GOAL OF THE EXERCISE:
Count every line below that holds the word "ground", and give the number with no other words.

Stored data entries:
....................

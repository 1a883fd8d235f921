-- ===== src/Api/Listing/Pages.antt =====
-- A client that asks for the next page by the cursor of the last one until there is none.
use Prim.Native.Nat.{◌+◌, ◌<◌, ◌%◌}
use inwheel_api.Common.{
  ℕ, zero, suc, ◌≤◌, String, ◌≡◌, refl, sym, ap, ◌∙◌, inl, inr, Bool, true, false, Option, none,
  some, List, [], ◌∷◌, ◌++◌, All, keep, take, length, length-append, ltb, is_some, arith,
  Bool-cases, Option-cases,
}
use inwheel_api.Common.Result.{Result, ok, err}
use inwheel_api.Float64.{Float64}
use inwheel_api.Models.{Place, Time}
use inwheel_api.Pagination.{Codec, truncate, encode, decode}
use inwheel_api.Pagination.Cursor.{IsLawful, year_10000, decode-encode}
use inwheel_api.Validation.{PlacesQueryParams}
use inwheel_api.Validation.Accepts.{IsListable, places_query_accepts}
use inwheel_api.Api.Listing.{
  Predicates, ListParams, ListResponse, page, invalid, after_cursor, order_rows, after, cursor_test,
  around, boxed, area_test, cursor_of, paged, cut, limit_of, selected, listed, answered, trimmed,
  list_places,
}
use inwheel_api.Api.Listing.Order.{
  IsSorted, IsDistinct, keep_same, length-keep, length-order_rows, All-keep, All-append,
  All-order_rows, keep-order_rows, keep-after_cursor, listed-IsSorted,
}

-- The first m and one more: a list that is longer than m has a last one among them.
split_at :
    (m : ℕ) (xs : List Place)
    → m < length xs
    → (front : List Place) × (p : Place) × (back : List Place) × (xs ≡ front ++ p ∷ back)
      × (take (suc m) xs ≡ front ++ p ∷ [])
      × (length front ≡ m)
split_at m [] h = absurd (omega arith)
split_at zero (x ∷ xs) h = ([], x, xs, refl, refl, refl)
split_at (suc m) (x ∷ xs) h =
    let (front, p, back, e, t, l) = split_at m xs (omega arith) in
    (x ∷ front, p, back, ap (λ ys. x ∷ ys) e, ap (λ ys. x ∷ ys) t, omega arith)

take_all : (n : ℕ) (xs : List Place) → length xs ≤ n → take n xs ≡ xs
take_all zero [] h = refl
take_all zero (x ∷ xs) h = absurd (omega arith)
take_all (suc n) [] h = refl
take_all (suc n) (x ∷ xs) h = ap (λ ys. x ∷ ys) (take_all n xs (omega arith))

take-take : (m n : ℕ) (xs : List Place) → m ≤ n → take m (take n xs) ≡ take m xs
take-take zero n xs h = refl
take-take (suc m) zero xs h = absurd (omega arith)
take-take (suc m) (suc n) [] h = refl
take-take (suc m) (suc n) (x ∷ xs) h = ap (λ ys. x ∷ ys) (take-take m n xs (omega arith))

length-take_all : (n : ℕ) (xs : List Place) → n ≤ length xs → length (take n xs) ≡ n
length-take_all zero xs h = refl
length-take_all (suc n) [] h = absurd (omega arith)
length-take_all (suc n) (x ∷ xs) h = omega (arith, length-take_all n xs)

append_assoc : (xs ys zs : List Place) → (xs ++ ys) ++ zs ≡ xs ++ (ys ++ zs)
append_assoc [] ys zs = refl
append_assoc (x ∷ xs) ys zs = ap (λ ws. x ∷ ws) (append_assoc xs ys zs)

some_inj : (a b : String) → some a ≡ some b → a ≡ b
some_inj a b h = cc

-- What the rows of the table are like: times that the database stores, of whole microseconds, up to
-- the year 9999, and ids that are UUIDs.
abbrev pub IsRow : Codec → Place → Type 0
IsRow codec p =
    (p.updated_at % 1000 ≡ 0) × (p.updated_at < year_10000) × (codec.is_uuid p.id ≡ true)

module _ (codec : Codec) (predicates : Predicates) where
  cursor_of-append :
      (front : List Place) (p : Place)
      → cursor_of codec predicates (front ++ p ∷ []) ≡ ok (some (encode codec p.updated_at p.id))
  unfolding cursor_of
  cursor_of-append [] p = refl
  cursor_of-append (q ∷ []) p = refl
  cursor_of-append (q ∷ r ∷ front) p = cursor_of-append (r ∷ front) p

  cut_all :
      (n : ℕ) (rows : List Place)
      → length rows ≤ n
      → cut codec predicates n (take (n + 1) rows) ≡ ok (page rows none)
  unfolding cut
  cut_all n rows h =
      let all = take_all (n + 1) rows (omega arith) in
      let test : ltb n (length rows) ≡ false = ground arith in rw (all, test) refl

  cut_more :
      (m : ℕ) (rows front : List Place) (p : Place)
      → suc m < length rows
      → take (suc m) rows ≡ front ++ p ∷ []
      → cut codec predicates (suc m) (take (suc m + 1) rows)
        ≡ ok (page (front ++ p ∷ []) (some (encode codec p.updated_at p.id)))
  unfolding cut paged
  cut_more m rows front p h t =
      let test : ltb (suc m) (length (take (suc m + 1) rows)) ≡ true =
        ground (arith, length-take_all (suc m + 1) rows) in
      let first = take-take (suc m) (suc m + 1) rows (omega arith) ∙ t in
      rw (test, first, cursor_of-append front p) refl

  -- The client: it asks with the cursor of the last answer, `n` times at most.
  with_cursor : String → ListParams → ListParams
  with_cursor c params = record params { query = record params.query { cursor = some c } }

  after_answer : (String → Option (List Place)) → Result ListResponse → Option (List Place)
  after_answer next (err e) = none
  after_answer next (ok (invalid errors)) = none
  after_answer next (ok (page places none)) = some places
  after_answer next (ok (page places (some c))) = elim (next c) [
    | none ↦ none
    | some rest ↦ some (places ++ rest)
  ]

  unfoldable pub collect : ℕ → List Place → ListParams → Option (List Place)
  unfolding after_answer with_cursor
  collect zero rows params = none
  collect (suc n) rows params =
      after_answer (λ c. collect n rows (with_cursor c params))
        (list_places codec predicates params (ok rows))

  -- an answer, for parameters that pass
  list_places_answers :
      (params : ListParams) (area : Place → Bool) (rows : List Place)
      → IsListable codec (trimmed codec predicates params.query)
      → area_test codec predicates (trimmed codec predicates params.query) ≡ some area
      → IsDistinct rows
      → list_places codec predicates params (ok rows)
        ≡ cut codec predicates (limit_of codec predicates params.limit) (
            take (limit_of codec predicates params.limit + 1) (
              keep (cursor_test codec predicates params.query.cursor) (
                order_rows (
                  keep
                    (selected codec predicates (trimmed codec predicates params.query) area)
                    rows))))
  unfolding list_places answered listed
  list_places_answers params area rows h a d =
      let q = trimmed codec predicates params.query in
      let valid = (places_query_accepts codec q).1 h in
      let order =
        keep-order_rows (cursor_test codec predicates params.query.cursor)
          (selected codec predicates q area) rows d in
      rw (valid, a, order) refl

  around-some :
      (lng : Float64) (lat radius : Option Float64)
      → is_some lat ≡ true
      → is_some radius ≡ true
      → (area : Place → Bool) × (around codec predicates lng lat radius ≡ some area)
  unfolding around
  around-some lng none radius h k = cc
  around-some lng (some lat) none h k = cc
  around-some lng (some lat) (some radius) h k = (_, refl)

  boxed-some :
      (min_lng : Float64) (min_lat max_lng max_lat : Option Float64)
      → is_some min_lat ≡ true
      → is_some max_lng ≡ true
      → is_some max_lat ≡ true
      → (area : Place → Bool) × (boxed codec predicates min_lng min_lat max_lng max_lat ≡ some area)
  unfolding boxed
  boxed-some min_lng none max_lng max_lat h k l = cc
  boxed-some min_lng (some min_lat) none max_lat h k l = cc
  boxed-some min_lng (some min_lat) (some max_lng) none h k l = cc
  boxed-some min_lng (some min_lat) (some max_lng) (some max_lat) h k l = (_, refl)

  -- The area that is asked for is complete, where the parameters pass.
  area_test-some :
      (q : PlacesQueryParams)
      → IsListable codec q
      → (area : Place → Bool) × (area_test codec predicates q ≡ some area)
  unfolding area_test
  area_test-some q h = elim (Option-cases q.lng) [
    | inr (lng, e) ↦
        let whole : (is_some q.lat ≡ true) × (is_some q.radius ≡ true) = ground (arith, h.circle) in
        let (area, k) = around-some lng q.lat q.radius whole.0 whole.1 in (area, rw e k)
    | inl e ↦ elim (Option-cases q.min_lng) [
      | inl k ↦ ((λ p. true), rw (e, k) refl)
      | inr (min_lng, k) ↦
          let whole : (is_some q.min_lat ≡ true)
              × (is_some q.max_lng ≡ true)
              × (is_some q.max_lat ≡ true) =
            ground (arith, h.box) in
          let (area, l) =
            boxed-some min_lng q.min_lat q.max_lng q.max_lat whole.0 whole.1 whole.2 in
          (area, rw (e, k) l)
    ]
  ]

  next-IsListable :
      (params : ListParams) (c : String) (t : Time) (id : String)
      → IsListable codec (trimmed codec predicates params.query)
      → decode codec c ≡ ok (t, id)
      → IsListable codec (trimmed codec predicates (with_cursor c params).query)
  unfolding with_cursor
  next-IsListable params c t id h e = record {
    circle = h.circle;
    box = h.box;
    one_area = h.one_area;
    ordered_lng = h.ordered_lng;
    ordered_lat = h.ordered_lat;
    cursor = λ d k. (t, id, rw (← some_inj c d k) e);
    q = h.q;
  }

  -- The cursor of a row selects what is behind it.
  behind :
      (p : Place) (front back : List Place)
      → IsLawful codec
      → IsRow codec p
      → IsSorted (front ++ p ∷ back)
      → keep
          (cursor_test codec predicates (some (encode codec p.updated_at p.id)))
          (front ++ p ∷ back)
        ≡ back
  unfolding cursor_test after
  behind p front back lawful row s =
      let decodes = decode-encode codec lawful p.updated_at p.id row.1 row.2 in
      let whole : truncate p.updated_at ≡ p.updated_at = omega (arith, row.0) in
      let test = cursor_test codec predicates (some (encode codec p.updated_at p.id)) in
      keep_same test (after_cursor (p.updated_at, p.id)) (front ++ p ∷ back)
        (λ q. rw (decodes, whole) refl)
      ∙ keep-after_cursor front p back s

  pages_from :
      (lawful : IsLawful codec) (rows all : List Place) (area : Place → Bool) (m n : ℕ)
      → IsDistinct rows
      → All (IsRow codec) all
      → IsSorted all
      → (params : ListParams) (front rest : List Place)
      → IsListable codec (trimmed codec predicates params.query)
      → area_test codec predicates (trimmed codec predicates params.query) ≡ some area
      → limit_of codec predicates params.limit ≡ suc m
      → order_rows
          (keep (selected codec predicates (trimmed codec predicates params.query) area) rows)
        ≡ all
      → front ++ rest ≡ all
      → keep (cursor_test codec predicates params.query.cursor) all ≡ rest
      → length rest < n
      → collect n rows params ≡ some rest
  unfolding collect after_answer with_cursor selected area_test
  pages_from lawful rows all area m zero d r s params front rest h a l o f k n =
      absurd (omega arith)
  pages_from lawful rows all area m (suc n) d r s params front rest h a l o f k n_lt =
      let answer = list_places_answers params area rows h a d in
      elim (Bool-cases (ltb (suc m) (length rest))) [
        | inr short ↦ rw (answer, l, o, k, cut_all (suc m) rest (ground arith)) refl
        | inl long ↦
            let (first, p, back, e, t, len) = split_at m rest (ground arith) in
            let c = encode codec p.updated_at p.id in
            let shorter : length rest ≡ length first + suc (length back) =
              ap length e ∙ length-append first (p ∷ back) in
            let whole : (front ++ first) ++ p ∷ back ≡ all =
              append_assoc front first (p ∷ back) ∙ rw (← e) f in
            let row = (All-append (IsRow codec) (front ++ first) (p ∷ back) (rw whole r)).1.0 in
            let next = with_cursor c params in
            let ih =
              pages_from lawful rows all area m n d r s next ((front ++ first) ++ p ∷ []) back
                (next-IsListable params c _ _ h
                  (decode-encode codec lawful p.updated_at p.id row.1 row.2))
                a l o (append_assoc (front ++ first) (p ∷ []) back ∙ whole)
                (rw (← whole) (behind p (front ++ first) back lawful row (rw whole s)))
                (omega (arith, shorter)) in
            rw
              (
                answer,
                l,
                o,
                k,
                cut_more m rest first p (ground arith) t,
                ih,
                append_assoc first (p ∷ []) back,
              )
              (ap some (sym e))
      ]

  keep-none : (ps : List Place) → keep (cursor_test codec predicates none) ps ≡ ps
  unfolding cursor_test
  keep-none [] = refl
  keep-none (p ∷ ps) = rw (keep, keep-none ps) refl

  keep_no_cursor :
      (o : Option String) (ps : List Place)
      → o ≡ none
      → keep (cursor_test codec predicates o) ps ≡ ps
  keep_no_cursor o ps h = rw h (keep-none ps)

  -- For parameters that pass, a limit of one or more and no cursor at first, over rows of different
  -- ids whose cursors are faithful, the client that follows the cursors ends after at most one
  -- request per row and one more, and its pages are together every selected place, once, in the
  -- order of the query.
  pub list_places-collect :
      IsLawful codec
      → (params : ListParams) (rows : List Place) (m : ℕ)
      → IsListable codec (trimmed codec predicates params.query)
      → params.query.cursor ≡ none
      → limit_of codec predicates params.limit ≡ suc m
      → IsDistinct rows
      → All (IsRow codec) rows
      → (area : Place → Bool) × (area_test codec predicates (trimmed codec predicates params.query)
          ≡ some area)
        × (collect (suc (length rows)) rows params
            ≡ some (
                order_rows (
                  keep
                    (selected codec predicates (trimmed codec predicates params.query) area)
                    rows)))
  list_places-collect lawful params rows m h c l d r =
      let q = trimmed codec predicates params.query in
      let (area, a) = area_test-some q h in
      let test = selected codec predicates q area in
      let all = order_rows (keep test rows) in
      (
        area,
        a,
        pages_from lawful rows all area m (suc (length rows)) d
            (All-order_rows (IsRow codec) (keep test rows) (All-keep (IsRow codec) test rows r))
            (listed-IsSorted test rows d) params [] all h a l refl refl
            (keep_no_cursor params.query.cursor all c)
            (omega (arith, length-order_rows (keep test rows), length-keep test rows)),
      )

....................

ANSWER BELOW:
7